While variety is what keeps things exciting (it's the spice of life, isn't it just), when I included variety into my diet, results were harder to come by — it didn't matter how much I exercised.

For me, breakfast would range from avo toast to yoghurt, oats and berries to eggs. Lunch was often a salad sandwich or wrap or chicken and veggies. And dinner would see me tuck into meat, veggies and salad or a stir-fry. All good things. I was eating a balanced diet, that satisfied my hunger and was kind to me nutritionally, but all together my daily diet wasn't doing me any favours. I couldn't understand why.

It wasn't until my trainer suggested I write everything I eat down and create (and stick to) a meal plan — that included more, but smaller, meals throughout the day I noticed results. This is where I should point out that this isn't a diet (I'm 100 percent done with those), rather mindful, structured eating.

Structured eating helps to keep a closer eye on what you're fuelling your body with and prevents inconsistency, which was the biggest issue for me. Switching to structure was exactly what I needed to make my meals and my gym sessions work better together.

Although my meals are similar each day (and make me sound like the most boring person alive), I still manage to sneak variety in by choosing seasonal produce and making my salads massive — I'm talking seven ingredients, at least! The key to acing this way of eating is to have your fridge stocked at all times. And because you're eating similar meals each day a trip to the shops is never an issue.

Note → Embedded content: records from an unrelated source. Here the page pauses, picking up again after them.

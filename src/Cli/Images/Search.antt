-- ===== src/Cli/Images/Search.antt =====
-- The term that `search_images` of crates/pbox-cli/src/images.rs gives to podman.
use pbox.Base.{
  ℕ, ◌≡◌, refl, subst, Bool, true, false, ◌&&◌, ◌||◌, [], ◌∷◌, ◌++◌, Text, codes, trim, starts_with,
  strip_prefix, is_empty, is_whitespace, is_control, any, ok, ok-injective, fail_if-eq-ok, ||_split,
  arith,
}
use pbox.Cli.Images.{bad_query, bad_registry, has_character, is_registry_host}
use pbox.Cli.Images.Terms.{
  is_unfit, trim_slashes, before_slash, contains_scheme, qualified, image_search_term,
}

any-append :
    (f : ℕ → Bool) (a b : Text) → any f a ≡ false → any f b ≡ false → any f (a ++ b) ≡ false
any-append f [] b h k = k
any-append f (c ∷ a) b h k =
    let (h1, h2) = ||_split (f c) (any f a) h in rw h1 (any-append f a b h2 k)

first_kept :
    (a b : Text) → is_empty a ≡ false → starts_with (codes "-") (a ++ b) ≡ starts_with (codes "-") a
unfolding starts_with strip_prefix
first_kept [] b h = absurd (ground arith)
first_kept (c ∷ a) b h = ground arith

slash_fits : (is_whitespace b'/' ≡ false) × (is_control b'/' ≡ false)
unfolding is_whitespace is_control
slash_fits = (refl, refl)

not_empty_joined : (a b : Text) → is_empty a ≡ false → is_empty (a ++ (b'/' ∷ b)) ≡ false
not_empty_joined [] b h = refl
not_empty_joined (c ∷ a) b h = refl

joined-fits :
    (registry query : Text)
    → is_unfit registry ≡ false
    → is_unfit query ≡ false
    → is_unfit (registry ++ (b'/' ∷ query)) ≡ false
joined-fits registry query h k =
    let (h1, h2) = ||_split (is_empty registry) _ h in
    let (h3, h4) = ||_split (starts_with (codes "-") registry) _ h2 in
    let (h5, h6) = ||_split (any is_whitespace registry) (any is_control registry) h4 in
    let (_, k2) = ||_split (is_empty query) _ k in
    let (_, k4) = ||_split (starts_with (codes "-") query) _ k2 in
    let (k5, k6) = ||_split (any is_whitespace query) (any is_control query) k4 in
    let (s, c) = slash_fits in
    rw
      (
        not_empty_joined registry query h1,
        first_kept registry (b'/' ∷ query) h1,
        h3,
        any-append is_whitespace registry (b'/' ∷ query) h5 (rw s k5),
        any-append is_control registry (b'/' ∷ query) h6 (rw c k6),
      )
      refl

qualified-fits :
    (b : Bool) (registry query term : Text)
    → is_unfit query ≡ false
    → qualified b registry query ≡ ok term
    → is_unfit term ≡ false
qualified-fits true registry query term h e = subst (λ t. is_unfit t ≡ false) (ok-injective e) h
qualified-fits false registry query term h e =
    let (h1, e1) =
      fail_if-eq-ok (is_unfit registry || has_character b'/' registry) bad_registry _ e in
    let (h2, _) = ||_split (is_unfit registry) (has_character b'/' registry) h1 in
    subst (λ t. is_unfit t ≡ false) (ok-injective e1) (joined-fits registry query h2 h)

-- A term that is given to podman is not empty, has no whitespace and no control character, and does not
-- start with a hyphen, so that podman cannot take it for an option.
pub image_search_term-fits :
    (query registry term : Text)
    → image_search_term query registry ≡ ok term
    → (is_empty term ≡ false)
      × (starts_with (codes "-") term ≡ false)
      × (any is_whitespace term ≡ false)
      × (any is_control term ≡ false)
unfolding image_search_term
image_search_term-fits query registry term h =
    let (h1, h2) =
      fail_if-eq-ok (is_unfit (trim query) || contains_scheme (trim query)) bad_query _ h in
    let (h3, _) = ||_split (is_unfit (trim query)) (contains_scheme (trim query)) h1 in
    let fits =
      qualified-fits
        (has_character b'/' (trim query) && is_registry_host (before_slash (trim query)))
        (trim_slashes registry) (trim query) term h3 h2 in
    let (f1, f2) = ||_split (is_empty term) _ fits in
    let (f3, f4) = ||_split (starts_with (codes "-") term) _ f2 in
    let (f5, f6) = ||_split (any is_whitespace term) (any is_control term) f4 in (f1, f3, f5, f6)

Here's what a typical day looks like on my plate:

Breakfast

  • 1 x boiled egg
  • ½ avocado
  • Handful of cherry tomatoes
  • Squeeze of lemon juice

Snacks

  • 3 tbs Greek yoghurt
  • Handful of berries
  • 3 tsp chia seeds
  • 7 almonds

Or

  • Capsicum or carrot with some sliced turkey

Or

  • 2 x Ryvita slices
  • 1/2 avocado

Lunch and Dinner

  • Beef, chicken, tuna or turkey salad. Salad includes: kale, quinoa, tomato, avocado, cucumber, beetroot, fetta, capsicum, sweet potato, fresh chilli, seasonal herbs

Dessert

I eat each of my meals at the same time every day. Breakfast at 9 a.m., mid-morning snack is always at 11 a.m., lunch sees me eat at 1:30 p.m., my afternoon snack is usually around 4 p.m. and dinner is no later than 8 p.m. When I stick to this meal plan, things seem to work. I'm not skipping meals, I'm keeping my body fuelled and ready for a workout each day. For me it's all about routine and without it I fall of the wagon hard. Sounds obsessive but it's how I get the results I need, especially after a Christmas of over-indulging.